Nothing, too complex, but we can see, we're getting, more records are coming in.
And it's pretty straightforward system here.
one thing I didn't show you is the, descriptions.
You get a longer one.
Again, I can apply, use Cortex AI in a query.
And, build this up for RAG, or ask questions on this.
what's going on with, the Performing Arts Center and be able
to get those questions answered.
it's pretty nice here.
I can create a bunch of stuff just right from here and just query it if we need to.
But let's see what's going on with my run, trying to see if this timed out.
It did not time out.
So we're loading more data in there, but that's just one type of system
that makes sense to be reading.
We also grab things from.
Other sources, transit data, this one's Ireland.
I did some work, for the Irish Rail there.
And this is pulling in a 80.
If we look here, I kept a copy just in case I needed to reload
it and their system was down.
And I did this a couple days ago.
If we look at this is a very large file.
That contains a bunch of zip files, that we uncompress and unpack.
See if we still have our, things here.
And you can see all those files we pull out.
And then I split them up.
assign a primary key.
Then I can update a lookup table here.
So the first time I load it, it's automated.
There's no hard code other than, they all have different primary keys.
So I got to set those, some places you don't need to.
pretty straightforward.
Again, I could pull things out of Kafka, don't have to know anything specific.
And right here, I'll just say, oh, it's a JSON file, and I'm going
to insert it into, say, Oracle.
And it's going to be an insert.
very easy to do that.
I don't have to know all the fields or what have you.
Pretty straightforward.
not going to run through a million things here.
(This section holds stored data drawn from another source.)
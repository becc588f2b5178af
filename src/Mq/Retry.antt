-- ===== src/Mq/Retry.antt =====
-- `NewRabbitPublisherWithRetry` of ingress-service/internal/mq/publisher.go: the connection at
-- start-up, with exponential backoff. Durations are `int64` nanoseconds.
use yunxiao_workflow_agent.Base.{
  ℕ, zero, suc, String, ◌++◌, Option, none, some, List, [], ◌∷◌, if◌then◌else◌,
}
use yunxiao_workflow_agent.Base.Int.{ℤ, pos, is_positive, add_int64, mul_int64, ltb_ℤ, leb_ℤ}
use yunxiao_workflow_agent.Base.Result.{plain, error_text, Result, ok, err}

abbrev pub second : ℕ
second = 1000000000

pub record ConnectRetryOptions : Type 0 where
  pub initial_backoff : ℤ
  pub max_backoff : ℤ
  pub max_wait : ℤ

unfoldable pub positive_duration : ℤ → ℤ → ℤ
positive_duration value fallback = if is_positive value then value else fallback

unfoldable pub next_backoff : ℤ → ℤ → ℤ
unfolding mul_int64
next_backoff current max_backoff =
    let next = mul_int64 current (pos 2) in if ltb_ℤ max_backoff next then max_backoff else next

-- What the loop ends with: the publisher or the last error, and the backoffs slept, in order.
pub record Connected (A : Type 0) : Type 0 where
  pub outcome : Result A
  pub sleeps : List ℤ

abbrev pub slept : {A : Type 0} → ℤ → Option (Connected A) → Option (Connected A)
slept b none = none
slept b (some c) = some (record c { sleeps = b ∷ c.sleeps })

-- `connect n` is the result of the attempt after `n` failed ones. `none`: the fuel ran out.
module _ {A : Type 0} (connect : ℕ → Result A) (max_backoff max_wait : ℤ) where
  unfoldable pub retry_from : ℕ → ℕ → ℤ → ℤ → Option (Connected A)
  unfolding next_backoff add_int64
  retry_from zero attempt backoff waited = none
  retry_from (suc fuel) attempt backoff waited =
      let rest =
        retry_from fuel (suc attempt) (next_backoff backoff max_backoff)
          (add_int64 waited backoff) in
      elim (connect attempt) [
        | ok publisher ↦ some (record { outcome = ok publisher; sleeps = [] })
        | err e ↦
            if leb_ℤ max_wait (add_int64 waited backoff)
            then some (record { outcome = err e; sleeps = [] })
            else slept backoff rest
      ]

abbrev pub wrap_error : {A : Type 0} → (ℤ → String) → ℤ → Result A → Result A
wrap_error show max_wait (ok a) = ok a
wrap_error show max_wait (err e) =
    err (plain ("connect rabbitmq after " ++ show max_wait ++ ": " ++ error_text e))

abbrev pub wrap_connected :
    {A : Type 0} → (ℤ → String) → ℤ → Option (Connected A) → Option (Connected A)
wrap_connected show max_wait none = none
wrap_connected show max_wait (some c) =
    some (record c { outcome = wrap_error show max_wait c.outcome })

-- `show` is `Duration.String`.
unfoldable pub new_rabbit_publisher_with_retry :
    {A : Type 0} → (ℤ → String) → (ℕ → Result A) → ConnectRetryOptions → ℕ → Option (Connected A)
unfolding positive_duration retry_from
new_rabbit_publisher_with_retry show connect options fuel =
    let initial = positive_duration options.initial_backoff (pos second) in
    let max_backoff = positive_duration options.max_backoff (pos 10000000000) in
    let max_wait = positive_duration options.max_wait (pos 60000000000) in
    wrap_connected show max_wait (retry_from connect max_backoff max_wait fuel 0 initial (pos 0))
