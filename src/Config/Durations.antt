-- ===== src/Config/Durations.antt =====
-- `getEnvDurationSeconds` of ingress-service/internal/config/config.go: seconds in an `int64` of
-- nanoseconds.
use yunxiao_workflow_agent.Base.{
  ℕ, ◌*◌, ◌%◌, ◌<◌, ◌≤◌, ◌≡◌, ◌↔◌, arith, refl, some, true, false, ltb, inl, inr, Bool-cases,
  String, ap, ◌∙◌, sym,
}
use yunxiao_workflow_agent.Base.Int.{ℤ, pos, mul_int64, two_63, two_64, signed, is_positive}
use yunxiao_workflow_agent.Base.Text.{atoi, is_empty}
use yunxiao_workflow_agent.Mq.Retry.{second}
use yunxiao_workflow_agent.Config.{Getenv, get_env_duration_seconds}

signed_bound : (r y : ℕ) → signed r ≡ pos y → y < two_63
signed_bound r y e = elim (Bool-cases (ltb r two_63)) [
  | inl below ↦ bound below (rw below at e)
  | inr above ↦ absurd (cc (rw above at e))
]
  where
    bound : ltb r two_63 ≡ true → pos r ≡ pos y → y < two_63
    bound below same = ground (arith, below, pos_inj same)
      where
        pos_inj : pos r ≡ pos y → r ≡ y
        pos_inj h = cc h

signed_small : (n : ℕ) → n < two_63 → signed (n % two_64) ≡ pos n
signed_small n h = rw (reduced) (rw (below) refl)
  where
    reduced : n % two_64 ≡ n
    reduced = omega (arith, h)

    below : ltb n two_63 ≡ true
    below = ground (arith, h)

product : (n : ℕ) → n < two_63 → mul_int64 (pos n) (pos second) ≡ signed (n * second % two_64)
unfolding mul_int64
product n h = ap signed (omega (arith, h))

-- What is read as a number is not empty.
number_is_filled : (s : String) (z : ℤ) → atoi s ≡ some z → is_empty s ≡ false
unfolding atoi
number_is_filled String.[] z h = absurd (cc h)
number_is_filled (String.◌∷◌ c s) z h = refl

positive-pos : (n : ℕ) → 1 ≤ n → is_positive (pos n) ≡ true
positive-pos ℕ.zero h = absurd (omega (arith, h))
positive-pos (ℕ.suc n) h = refl

-- Where the variable holds a positive number of seconds, the duration is this many seconds exactly
-- when there are at most 9223372036 of them. A larger number gives another duration.
pub get_env_duration_seconds-exact_iff :
    (getenv : Getenv) (key : String) (fallback : ℤ) (n : ℕ)
    → atoi (getenv key) ≡ some (pos n)
    → 1 ≤ n
    → n < two_63
    → (get_env_duration_seconds getenv key fallback ≡ pos (n * second)) ↔ (n ≤ 9223372036)
unfolding get_env_duration_seconds
get_env_duration_seconds-exact_iff getenv key fallback n number positive fits =
    rw (number_is_filled (getenv key) (pos n) number, number, positive-pos n positive)
      (
        (λ e. omega (arith, signed_bound _ _ (sym (product n fits) ∙ e))),
        (λ small. product n fits ∙ signed_small (n * second) (omega (arith, small))),
      )
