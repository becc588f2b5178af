-- ===== src/Config/Validation.antt =====
-- What `Validate` of ingress-service/internal/config/config.go guarantees.
use yunxiao_workflow_agent.Base.{
  Char, String, ◌≡◌, Bool, true, false, ◌==◌, none, List, [], ◌∷◌, arith, refl, ◌↔◌, Bool-cases,
  inl, inr, if◌then◌else◌, ◌⊎◌,
}
use yunxiao_workflow_agent.Base.Text.{is_empty, trim_space, to_lower}
use yunxiao_workflow_agent.Config.{
  Config, validate, problems, require_non_default, report, dev_codeup_token, dev_projex_secret,
  dev_flow_token, dev_postgres_dsn, dev_rabbitmq_url,
}

-- A value that is not blank, nor the development default.
abbrev pub IsChosen : String → String → Type 0
IsChosen value default_value =
    (is_empty (trim_space value) ≡ false) × ((value == default_value) ≡ false)

abbrev pub IsReady : Config → Type 0
IsReady c =
    IsChosen c.postgres_dsn dev_postgres_dsn
    × IsChosen c.rabbitmq_url dev_rabbitmq_url
    × IsChosen c.codeup_token dev_codeup_token
    × IsChosen c.projex_secret dev_projex_secret
    × IsChosen c.flow_token dev_flow_token
    × (is_empty (trim_space c.rabbitmq_exchange) ≡ false)

no_problem :
    (name value default_value : String) (rest : List String)
    → (require_non_default name value default_value rest ≡ [])
      ↔ (IsChosen value default_value × (rest ≡ []))
unfolding require_non_default
no_problem name value default_value rest = elim (Bool-cases (is_empty (trim_space value))) [
  | inl e ↦ ground arith
  | inr e ↦ elim (Bool-cases (value == default_value)) [
    | inl d ↦ ground arith
    | inr d ↦ ground arith
  ]
]

report-none : (ps : List String) → (report ps ≡ none) ↔ (ps ≡ [])
report-none [] = ground arith
report-none (p ∷ ps) = ground arith

abbrev unnamed : List String
unnamed = "RABBITMQ_EXCHANGE is required" ∷ []

named_exchange : (b : Bool) → ((if b then unnamed else []) ≡ []) ↔ (b ≡ false)
named_exchange b = ground arith

problems-IsReady : (c : Config) → (problems c ≡ []) ↔ IsReady c
unfolding problems
problems-IsReady c =
    let p1 = no_problem "POSTGRES_DSN" c.postgres_dsn dev_postgres_dsn _ in
    let p2 = no_problem "RABBITMQ_URL" c.rabbitmq_url dev_rabbitmq_url _ in
    let p3 = no_problem "CODEUP_WEBHOOK_TOKEN" c.codeup_token dev_codeup_token _ in
    let p4 = no_problem "PROJEX_WEBHOOK_SECRET" c.projex_secret dev_projex_secret _ in
    let p5 = no_problem "FLOW_WEBHOOK_TOKEN" c.flow_token dev_flow_token _ in
    let p6 = named_exchange (is_empty (trim_space c.rabbitmq_exchange)) in
    (
      λ h.
          let (a, h2) = p1.0 h in
          let (b, h3) = p2.0 h2 in
          let (d, h4) = p3.0 h3 in
          let (e, h5) = p4.0 h4 in let (f, h6) = p5.0 h5 in (a, b, d, e, f, p6.0 h6),
      λ (a, b, d, e, f, g). p1.1 (a, p2.1 (b, p3.1 (d, p4.1 (e, p5.1 (f, p6.1 g))))),
    )

-- A configuration is valid exactly when its environment, in lower case, is not `prod`, or the DSN,
-- the broker's URL and all three webhook tokens are neither blank nor their development defaults
-- and the exchange has a name.
pub validate-IsReady :
    (rune : Char → Char) (c : Config)
    → (validate rune c ≡ none) ↔ (((to_lower rune c.app_env == "prod") ≡ false) ⊎ IsReady c)
unfolding validate
validate-IsReady rune c = elim (Bool-cases (to_lower rune c.app_env == "prod")) [
  | inr other ↦ rw other (λ h. inl refl, λ h. refl)
  | inl prod ↦ rw prod (
    λ h. inr ((problems-IsReady c).0 ((report-none (problems c)).0 h)),
    λ h. elim h [
      | inl other ↦ absurd (cc other)
      | inr ready ↦ (report-none (problems c)).1 ((problems-IsReady c).1 ready)
    ],
  )
]

-- In the `prod` environment a valid configuration is ready.
pub prod-IsReady :
    (rune : Char → Char) (c : Config)
    → (to_lower rune c.app_env == "prod") ≡ true
    → validate rune c ≡ none
    → IsReady c
prod-IsReady rune c prod valid = elim ((validate-IsReady rune c).0 valid) [
  | inl other ↦ absurd (cc (prod, other))
  | inr ready ↦ ready
]
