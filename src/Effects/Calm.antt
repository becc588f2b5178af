-- ===== src/Effects/Calm.antt =====
-- Runs in which no call fails.
use yunxiao_workflow_agent.Base.{ℕ, suc, String, ◌≡◌, ap, sym}
use yunxiao_workflow_agent.Runtime.{Time}
use yunxiao_workflow_agent.Effects.{
  World, Choice, exec, fine, Prog, ret, call, ◌>>=◌, Environment, later, run,
}

-- A choice of the environment in which nothing fails.
abbrev pub ease : String → Time → Choice
ease uuid time = record { uuid = uuid; time = time; fault = fine }

abbrev pub IsCalm : Environment → Type 0
IsCalm env = (n : ℕ) → (env n).fault ≡ fine

-- Whatever UUIDs and times are given, the program ends with a result and a world that satisfy `Q`, where
-- no call fails.
abbrev pub Calmly : {A : Type 0} → (A → World → Type 0) → Prog A → World → Type 0
Calmly Q (ret a) w = Q a w
Calmly Q (call c k) w =
    (uuid : String) (time : Time)
    → Calmly Q (k (exec c (ease uuid time) w).0) (exec c (ease uuid time) w).1

pub Calmly-run :
    {A : Type 0} (Q : A → World → Type 0) (p : Prog A) (env : Environment) (w : World)
    → IsCalm env
    → Calmly Q p w
    → Q (run p env w).0 (run p env w).1
unfolding run
Calmly-run Q (ret a) env w calm h = h
Calmly-run Q (call c k) env w calm h =
    Calmly-run Q (k (exec c (env 0) w).0) (later env) (exec c (env 0) w).1 (λ n. calm (suc n))
      (rw (same) at (h (env 0).uuid (env 0).time))
  where
    same : ease (env 0).uuid (env 0).time ≡ env 0
    same = ap (λ f. record (env 0) { fault = f }) (sym (calm 0))

pub Calmly-bind :
    {A B : Type 0} (P : A → World → Type 0) (Q : B → World → Type 0) (m : Prog A) (f : A → Prog B)
    (w : World)
    → Calmly P m w
    → ((a : A) (v : World) → P a v → Calmly Q (f a) v)
    → Calmly Q (m >>= f) w
Calmly-bind P Q (ret a) f w h go_on = go_on a w h
Calmly-bind P Q (call c k) f w h go_on = λ uuid time.
    Calmly-bind P Q (k (exec c (ease uuid time) w).0) f (exec c (ease uuid time) w).1 (h uuid time)
      go_on
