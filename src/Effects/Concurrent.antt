-- ===== src/Effects/Concurrent.antt =====
-- Requests that are handled at the same time: their calls interleave in any order.
use yunxiao_workflow_agent.Base.{refl, List, [], ◌∷◌, ◌≡◌}
use mathlib.Core.List.{◌++◌}
use yunxiao_workflow_agent.Effects.{
  World, Call, Answer, Choice, exec, Prog, call, ret, run, Environment, later,
}

pub record System (A : Type 0) : Type 0 where
  pub world : World
  pub threads : List (Prog A)

-- A request arrives, with one of the programs `Handler`; or one thread makes its next call.
pub data Step {A : Type 0} (Handler : Prog A → Type 0) (s t : System A) : Type 0 where
  arrive : (p : Prog A) → Handler p → t ≡ record s { threads = p ∷ s.threads } → Step Handler s t
  advance :
      (before_it after_it : List (Prog A)) (c : Call) (k : Answer c → Prog A) (ch : Choice)
      → s.threads ≡ before_it ++ call c k ∷ after_it
      → t ≡ record {
        world = (exec c ch s.world).1;
        threads = before_it ++ k (exec c ch s.world).0 ∷ after_it;
      }
      → Step Handler s t

pub data Reach {A : Type 0} (Handler : Prog A → Type 0) (s : System A) : System A → Type 0 where
  here : Reach Handler s s
  next : {t u : System A} → Reach Handler s t → Step Handler t u → Reach Handler s u

-- What every call keeps holds in every state that is reached.
module _ {A : Type 0} (Handler : Prog A → Type 0) (I : World → Type 0)
    (keep : (c : Call) (ch : Choice) (w : World) → I w → I (exec c ch w).1) where
  Step-keeps : {s t : System A} → Step Handler s t → I s.world → I t.world
  Step-keeps (arrive p a e) h = rw e h
  Step-keeps {s} (advance l r c k ch e f) h = rw f (keep c ch s.world h)

  pub Reach-keeps : {s t : System A} → Reach Handler s t → I s.world → I t.world
  Reach-keeps here h = h
  Reach-keeps (next r st) h = Step-keeps st (Reach-keeps r h)

-- A request that is served with no other in between, from a state that is reached.
pub run-Reach :
    {A : Type 0} {Handler : Prog A → Type 0} {s : System A} {rest : List (Prog A)} (p : Prog A)
    (env : Environment) (w : World)
    → Reach Handler s (record { world = w; threads = p ∷ rest })
    → Reach Handler s (record { world = (run p env w).1; threads = ret (run p env w).0 ∷ rest })
unfolding run
run-Reach (ret a) env w r = r
run-Reach {rest = rest} (call c k) env w r =
    run-Reach (k (exec c (env 0) w).0) (later env) (exec c (env 0) w).1
      (next r (advance [] rest c k (env 0) refl refl))
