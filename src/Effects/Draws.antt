-- ===== src/Effects/Draws.antt =====
-- Programs that draw UUIDs, and do nothing else to the world.
use yunxiao_workflow_agent.Base.{Bool, true, false, if◌then◌else◌}
use yunxiao_workflow_agent.Effects.{Call, Answer, Prog, ret, call, ◌>>=◌}

abbrev pub Draws : {A : Type 0} → Prog A → Type 0
Draws (ret a) = Unit
Draws (call Call.new_uuid k) = (u : Answer Call.new_uuid) → Draws (k u)
Draws (call c k) = ⊥

pub Draws-bind :
    {A B : Type 0} (m : Prog A) (f : A → Prog B)
    → Draws m
    → ((a : A) → Draws (f a))
    → Draws (m >>= f)
Draws-bind (ret a) f h k = k a
Draws-bind (call Call.new_uuid g) f h k = λ u. Draws-bind (g u) f (h u) k
Draws-bind (call c g) f h k = absurd h

pub Draws-if :
    {A : Type 0} (b : Bool) (m n : Prog A) → Draws m → Draws n → Draws (if b then m else n)
Draws-if true m n h k = h
Draws-if false m n h k = k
But let's, Get back to the slides.
We don't need all these running.
Let's get to our slides.
And we'll get back to it.
Hopefully that was enough of a demo there to give you a little feeling
of what we can do with the different data around smart cities and do
that very quickly and agilely.
A tool like NiFi lets me build all these data pipelines without having to test.
and manually run and deploy things, check the code, very easy in
that UI, very easy to run this.
I've got links to a number of articles I've written around different data
related to, Smart Cities data, whether that's things that, real time
buses, trains, planes, air quality, street cameras, what have you.
And what's cool is, from Brazil, from Boston, from Halifax, all
over the world, same stuff.
You want to try NiFi on your own, you can just download it, it is a Java app.
Or you can run it easier in Docker.
You have to have a login and it always uses SSL.
We care about security, very easy.
Let's automate everything, data everywhere.
hope you enjoyed, I'll be doing some more talks with Comp
42, these guys are awesome.
Enjoy the rest of the talks, thank you.